El macaco japonés del zoológico de Haría se rehabilitará en Holanda

El animal ha sido trasladado al centro de rescate AAP en Almere, donde será cuidado y resocializado con otros animales de su misma especie hasta que pueda ser reubicado en otro zoológico.

Canarias - 5/7/2019 EFE
Fotograma RTVC. El macaco japonés, último habitante del Guinate Tropical Park de Haría. Fotograma RTVC. El macaco japonés, último habitante del Guinate Tropical Park de Haría.
El macaco japonés que vivía aislado en Lanzarote, tras el cierre de Guinete Park en 2016, ha sido trasladado a Holanda tras un acuerdo entre los centros Oasis WildLife Fuerteventura y Stichting AAP de Almere.

El primate se encontraba solo tras la clausura de este centro en Lanzarote y ahora ha encontrado una segunda oportunidad en la fundación holandesa APP, donde será rehabilitado hasta que se encuentre un centro adecuado para él, ha informado el zoológico de Fuerteventura en un comunicado.

El animal ha sido trasladado al centro de rescate AAP en Almere, donde será cuidado y resocializado con otros animales de su misma especie hasta que pueda ser reubicado en otro zoológico.

El animal ha sido controlado y cuidado hasta el momento de su traslado y durante el mismo por el equipo de veterinarios y primatólogos de Oasis WildLIfe Fuerteventura, indica la nota.

La primatóloga de Oasis WildLife Fuerteventura, Belén Roca, ha explicado cómo tras conocer el caso del macaco "se puso en marcha toda la operativa para ayudar en las gestiones de traslado del mismo".

El zoológico se ha hecho cargo de "los altos costes económicos que esto conlleva: chequeos sanitarios, sedación, captura y traslado de este animal, en cumplimiento de manera fehaciente de cada uno de los requisitos exigidos para su transporte hasta Holanda", ha indicado Roca.

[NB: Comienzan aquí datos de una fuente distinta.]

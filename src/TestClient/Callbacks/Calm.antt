-- ===== src/TestClient/Callbacks/Calm.antt =====
-- src/test-client.c, the handlers: they open and close nothing, send no packet of their own, and
-- `is_connected` says whether tinydtls reported the connection.
use wlr_remote.Base.{
  ℕ, zero, suc, ◌≡◌, refl, ◌∙◌, arith, Bool, true, false, ◌&&◌, ◌||◌, Option-cases, inl, inr, List,
  [], ◌∷◌, Bytes, ◌==◌, ℤ, pos,
}
use wlr_remote.System.Types.{
  psk_hint, psk_identity, psk_key, Callback, call_write, call_read, call_event, call_get_psk_info,
  selected,
}
use wlr_remote.System.Event.{Trace, select, dtls_write, dtls_called, dtls_returned}
use wlr_remote.System.Env.{Env}
use wlr_remote.System.Descriptors.{live}
use wlr_remote.System.Objects.{contexts, lists}
use wlr_remote.TestClient.Types.{Vars, ClientEnv}
use wlr_remote.TestClient.Callbacks.{
  net_handle_send, net_handle_receive, net_handle_event, net_get_psk_info, dtls_callbacks,
  run_callbacks, dtls_proceeds,
}

-- The plaintexts that the program gave to `dtls_write`, the newest first.
abbrev pub writes : Trace → List Bytes
writes [] = []
writes (dtls_write s d ∷ t) = d ∷ writes t
writes (_ ∷ t) = writes t

-- Whether tinydtls has reported that the handshake is complete.
abbrev pub was_connected : Env → Trace → Bool
was_connected env [] = false
was_connected env (dtls_called (call_event s level code) ∷ t) =
    level == 0 && code == env.event_connected || was_connected env t
was_connected env (_ ∷ t) = was_connected env t

-- What the handlers leave alone, for the descriptor `pos n`.
abbrev pub resources : ℕ → Trace → ℕ × ℕ × List Bytes × ℕ
resources n t = (live (pos n) t, contexts t, writes t, lists t)

-- How often `select` reported a descriptor.
abbrev pub selections : Trace → ℕ
selections [] = 0
selections (select (selected b) ∷ t) = suc (selections t)
selections (_ ∷ t) = selections t

-- The same with that count.
abbrev pub calm : ℕ → Trace → ℕ × ℕ × List Bytes × ℕ × ℕ
calm n t = (live (pos n) t, contexts t, writes t, lists t, selections t)

module _ (env : ClientEnv) where
  abbrev pub IsCurrent : Vars × Trace → Type 0
  IsCurrent (vars, t) = vars.is_connected ≡ was_connected env.base t

  dtls_callbacks-calm :
      (n : ℕ) (fd : ℤ) (vars : Vars) (c : Callback) (t : Trace)
      → calm n (dtls_callbacks env fd vars c t).1 ≡ calm n t
  unfolding dtls_callbacks net_handle_send net_handle_receive net_handle_event net_get_psk_info
  dtls_callbacks-calm n fd vars (call_write s buf) t = refl
  dtls_callbacks-calm n fd vars (call_read s d) t = refl
  dtls_callbacks-calm n fd vars (call_event s level code) t = ground arith
  dtls_callbacks-calm n fd vars (call_get_psk_info s psk_hint id len) t = refl
  dtls_callbacks-calm n fd vars (call_get_psk_info s psk_identity id len) t = ground arith
  dtls_callbacks-calm n fd vars (call_get_psk_info s psk_key id len) t = ground arith

  dtls_callbacks-IsCurrent :
      (fd : ℤ) (vars : Vars) (c : Callback) (t : Trace)
      → IsCurrent (vars, t)
      → let ((r, vars'), t') = dtls_callbacks env fd vars c (dtls_called c ∷ t) in
        IsCurrent (vars', t')
  unfolding dtls_callbacks net_handle_send net_handle_receive net_handle_event net_get_psk_info
  dtls_callbacks-IsCurrent fd vars (call_write s buf) t h = h
  dtls_callbacks-IsCurrent fd vars (call_read s d) t h = h
  dtls_callbacks-IsCurrent fd vars (call_event s level code) t h = ground arith
  dtls_callbacks-IsCurrent fd vars (call_get_psk_info s psk_hint id len) t h = h
  dtls_callbacks-IsCurrent fd vars (call_get_psk_info s psk_identity id len) t h = ground arith
  dtls_callbacks-IsCurrent fd vars (call_get_psk_info s psk_key id len) t h = ground arith

  run_callbacks-calm :
      (n rounds : ℕ) (fd : ℤ) (vars : Vars) (t : Trace)
      → calm n (run_callbacks env rounds fd vars t).1 ≡ calm n t
  unfolding run_callbacks
  run_callbacks-calm n zero fd vars t = refl
  run_callbacks-calm n (suc rounds) fd vars t = elim (Option-cases (env.base.dtls_next t)) [
    | inl over ↦ rw (over, run_callbacks) refl
    | inr (c, next) ↦
        let ((r, vars'), u) = dtls_callbacks env fd vars c (dtls_called c ∷ t) in
        rw (next, run_callbacks)
          (run_callbacks-calm n rounds fd vars' (dtls_returned r ∷ u)
            ∙ dtls_callbacks-calm n fd vars c (dtls_called c ∷ t))
  ]

  run_callbacks-IsCurrent :
      (rounds : ℕ) (fd : ℤ) (vars : Vars) (t : Trace)
      → IsCurrent (vars, t)
      → IsCurrent (run_callbacks env rounds fd vars t)
  unfolding run_callbacks
  run_callbacks-IsCurrent zero fd vars t h = h
  run_callbacks-IsCurrent (suc rounds) fd vars t h = elim (Option-cases (env.base.dtls_next t)) [
    | inl over ↦ rw (over, run_callbacks) h
    | inr (c, next) ↦
        let ((r, vars'), u) = dtls_callbacks env fd vars c (dtls_called c ∷ t) in
        rw (next, run_callbacks)
          (run_callbacks-IsCurrent rounds fd vars' (dtls_returned r ∷ u)
            (dtls_callbacks-IsCurrent fd vars c t h))
  ]

  pub dtls_proceeds-calm :
      (n : ℕ) (fd : ℤ) (vars : Vars) (t : Trace) → calm n (dtls_proceeds env fd vars t).1 ≡ calm n t
  unfolding dtls_proceeds
  dtls_proceeds-calm n fd vars t = run_callbacks-calm n (env.base.dtls_rounds t) fd vars t

  pub dtls_proceeds-IsCurrent :
      (fd : ℤ) (vars : Vars) (t : Trace)
      → IsCurrent (vars, t)
      → let ((r, vars'), t') = dtls_proceeds env fd vars t in IsCurrent (vars', t')
  unfolding dtls_proceeds
  dtls_proceeds-IsCurrent fd vars t h = run_callbacks-IsCurrent (env.base.dtls_rounds t) fd vars t h

  -- Once connected, always connected.
  dtls_callbacks-connected :
      (fd : ℤ) (vars : Vars) (c : Callback) (t : Trace)
      → vars.is_connected ≡ true
      → (dtls_callbacks env fd vars c t).0.1.is_connected ≡ true
  unfolding dtls_callbacks net_handle_send net_handle_receive net_handle_event net_get_psk_info
  dtls_callbacks-connected fd vars (call_write s buf) t h = h
  dtls_callbacks-connected fd vars (call_read s d) t h = h
  dtls_callbacks-connected fd vars (call_event s level code) t h = ground arith
  dtls_callbacks-connected fd vars (call_get_psk_info s type id len) t h = h

  run_callbacks-connected :
      (rounds : ℕ) (fd : ℤ) (vars : Vars) (t : Trace)
      → vars.is_connected ≡ true
      → (run_callbacks env rounds fd vars t).0.is_connected ≡ true
  unfolding run_callbacks
  run_callbacks-connected zero fd vars t h = h
  run_callbacks-connected (suc rounds) fd vars t h = elim (Option-cases (env.base.dtls_next t)) [
    | inl over ↦ rw (over, run_callbacks) h
    | inr (c, next) ↦
        let t' = dtls_called c ∷ t in
        let ((r, vars'), u) = dtls_callbacks env fd vars c t' in
        rw (next, run_callbacks)
          (run_callbacks-connected rounds fd vars' (dtls_returned r ∷ u)
            (dtls_callbacks-connected fd vars c t' h))
  ]

  pub dtls_proceeds-connected :
      (fd : ℤ) (vars : Vars) (t : Trace)
      → vars.is_connected ≡ true
      → (dtls_proceeds env fd vars t).0.1.is_connected ≡ true
  unfolding dtls_proceeds
  dtls_proceeds-connected fd vars t h = run_callbacks-connected (env.base.dtls_rounds t) fd vars t h
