-- ===== src/TestClient/Program/Open.antt =====
-- src/test-client.c, `main`: what holds while the client has its socket and its context.
use wlr_remote.Base.{
  ℕ, zero, suc, ◌+◌, ◌≡◌, refl, ap, sym, ◌∙◌, arith, true, false, some, Bool-cases, inl, inr, ◌∷◌,
  take, replicate, ℤ, pos,
}
use wlr_remote.System.Types.{
  Session, Received, datagram, recv_failed, Selected, selected, timeout, select_failed,
}
use wlr_remote.System.Event.{Trace, select, recvfrom, dtls_write, dtls_input}
use wlr_remote.System.Objects.{contexts, lists}
use wlr_remote.System.Descriptors.{live, mark}
use wlr_remote.TestClient.Types.{Vars, ClientEnv}
use wlr_remote.TestClient.Callbacks.{dtls_proceeds}
use wlr_remote.TestClient.Callbacks.Calm.{
  writes, was_connected, resources, dtls_proceeds-calm, dtls_proceeds-IsCurrent,
  dtls_proceeds-connected,
}
use wlr_remote.TestClient.Program.{
  Turn, again, leave, client_bytes, send_packet, send_packets, take_datagram, after_select,
  handshake,
}

abbrev pub vars_of : Turn → Vars
vars_of (again vars) = vars
vars_of (leave vars) = vars

module _ (env : ClientEnv) (n : ℕ) (fd : ℤ) where
  -- The socket is open once, there is one context, `is_connected` is up to date, `k` packets were
  -- written, and no list of addresses is left.
  pub record IsOpen (k : ℕ) (vars : Vars) (t : Trace) : Type 0 where
    pub socket_open : live (pos n) t ≡ mark fd (pos n)
    pub context_open : contexts t ≡ 1
    pub current : vars.is_connected ≡ was_connected env.base t
    pub written : writes t ≡ replicate k (client_bytes env)
    pub lists_freed : lists t ≡ 0

  pub IsOpen-same :
      (k : ℕ) (vars : Vars) (t t' : Trace)
      → resources n t' ≡ resources n t
      → was_connected env.base t' ≡ was_connected env.base t
      → IsOpen k vars t
      → IsOpen k vars t'
  IsOpen-same k vars t t' same still h = record {
    socket_open = ap (λ v. v.0) same ∙ h.socket_open;
    context_open = ap (λ v. v.1) same ∙ h.context_open;
    current = h.current ∙ sym still;
    written = ap (λ v. v.2) same ∙ h.written;
    lists_freed = ap (λ v. v.3) same ∙ h.lists_freed;
  }

  pub dtls_proceeds-IsOpen :
      (k : ℕ) (vars : Vars) (t : Trace)
      → IsOpen k vars t
      → let ((r, vars'), t') = dtls_proceeds env fd vars t in IsOpen k vars' t'
  dtls_proceeds-IsOpen k vars t h =
      let same = dtls_proceeds-calm env n fd vars t in
      record {
        socket_open = ap (λ v. v.0) same ∙ h.socket_open;
        context_open = ap (λ v. v.1) same ∙ h.context_open;
        current = dtls_proceeds-IsCurrent env fd vars t h.current;
        written = ap (λ v. v.2) same ∙ h.written;
        lists_freed = ap (λ v. v.3) same ∙ h.lists_freed;
      }

  send_packet-IsOpen :
      (k i : ℕ) (session : Session) (vars : Vars) (t : Trace)
      → IsOpen k vars t
      → let (vars', t') = send_packet env fd session i vars t in IsOpen (suc k) vars' t'
  unfolding send_packet
  send_packet-IsOpen k i session vars t h =
      let u = dtls_write session (client_bytes env) ∷ t in
      let begun : IsOpen (suc k) vars u = record {
        socket_open = h.socket_open;
        context_open = h.context_open;
        current = h.current;
        written = ap (◌∷◌ (client_bytes env)) h.written;
        lists_freed = h.lists_freed;
      } in
      IsOpen-same (suc k) _ _ _ refl refl (dtls_proceeds-IsOpen (suc k) vars u begun)

  pub send_packets-IsOpen :
      (left k i : ℕ) (session : Session) (vars : Vars) (t : Trace)
      → IsOpen k vars t
      → let (vars', t') = send_packets env left i fd session vars t in IsOpen (left + k) vars' t'
  unfolding send_packets
  send_packets-IsOpen zero k i session vars t h = let same : 0 + k ≡ k = omega arith in rw same h
  send_packets-IsOpen (suc left) k i session vars t h =
      let (vars', u) = send_packet env fd session i vars t in
      let shift : suc left + k ≡ left + suc k = omega arith in
      rw shift (
        send_packets-IsOpen left (suc k) (i + 1) session vars' u
          (send_packet-IsOpen k i session vars t h))

  pub send_packets-connected :
      (left i : ℕ) (session : Session) (vars : Vars) (t : Trace)
      → vars.is_connected ≡ true
      → (send_packets env left i fd session vars t).0.is_connected ≡ true
  unfolding send_packets send_packet
  send_packets-connected zero i session vars t h = h
  send_packets-connected (suc left) i session vars t h =
      let (vars', u) = send_packet env fd session i vars t in
      send_packets-connected left (i + 1) session vars' u (dtls_proceeds-connected env fd vars _ h)

  take_datagram-IsOpen :
      (k : ℕ) (vars : Vars) (r : Received) (t : Trace)
      → IsOpen k vars t
      → let (vars', t') = take_datagram env fd vars r t in IsOpen k vars' t'
  unfolding take_datagram
  take_datagram-IsOpen k vars (recv_failed e) t h = h
  take_datagram-IsOpen k vars (datagram s b) t h =
      let buf = take env.base.dtls_max_buf b in
      let begun = IsOpen-same k vars t (dtls_input s buf ∷ t) refl refl h in
      ground (arith, dtls_proceeds-IsOpen k vars (dtls_input s buf ∷ t) begun)

  after_select-IsOpen :
      (k : ℕ) (vars : Vars) (s : Selected) (t : Trace)
      → IsOpen k vars t
      → let (turn, t') = after_select env fd vars s (select s ∷ t) in IsOpen k (vars_of turn) t'
  unfolding after_select
  after_select-IsOpen k vars select_failed t h = IsOpen-same k vars t _ refl refl h
  after_select-IsOpen k vars timeout t h = IsOpen-same k vars t _ refl refl h
  after_select-IsOpen k vars (selected false) t h = IsOpen-same k vars t _ refl refl h
  after_select-IsOpen k vars (selected true) t h =
      let u = select (selected true) ∷ t in
      let r = env.base.recvfrom u fd in
      take_datagram-IsOpen k vars r (recvfrom fd r ∷ u) (IsOpen-same k vars t _ refl refl h)

  -- Where the handshake ends, nothing was opened, closed or written.
  pub handshake-IsOpen :
      (k rounds : ℕ) (turn : Turn) (t : Trace) (vars : Vars)
      → IsOpen k (vars_of turn) t
      → (handshake env rounds fd turn t).0 ≡ some vars
      → IsOpen k vars (handshake env rounds fd turn t).1
  unfolding handshake
  handshake-IsOpen k rounds (leave vars') t vars h e =
      let same : vars' ≡ vars = cc in rw (sym same) h
  handshake-IsOpen k zero (again vars') t vars h e = cc
  handshake-IsOpen k (suc rounds) (again vars') t vars h e =
      let s = env.select t in
      let (turn, u) = after_select env fd vars' s (select s ∷ t) in
      elim (Bool-cases vars'.is_connected) [
        | inl yes' ↦
            let done : some vars' ≡ some vars = rw (yes', handshake) at e in
            let same : vars' ≡ vars = cc in rw (yes', handshake) (rw (sym same) h)
        | inr no' ↦
            rw (no', handshake)
              (handshake-IsOpen k rounds turn u vars (after_select-IsOpen k vars' s t h)
                (rw (no', handshake) at e))
      ]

El propietario del centro clausurado de Guinate Park ha cedido este ejemplar al no poder hacerse cargo de él, tras el cierre voluntario del parque, a favor de AAP y ha adquirido su compromiso de no volver a comprar animales.

Tras meses de inactividad, el centro de Lanzarote se vio obligado a cerrar sus puertas definitivamente y ceder los animales que poseía a los escasos centros españoles que se ofrecieron a ayudarle.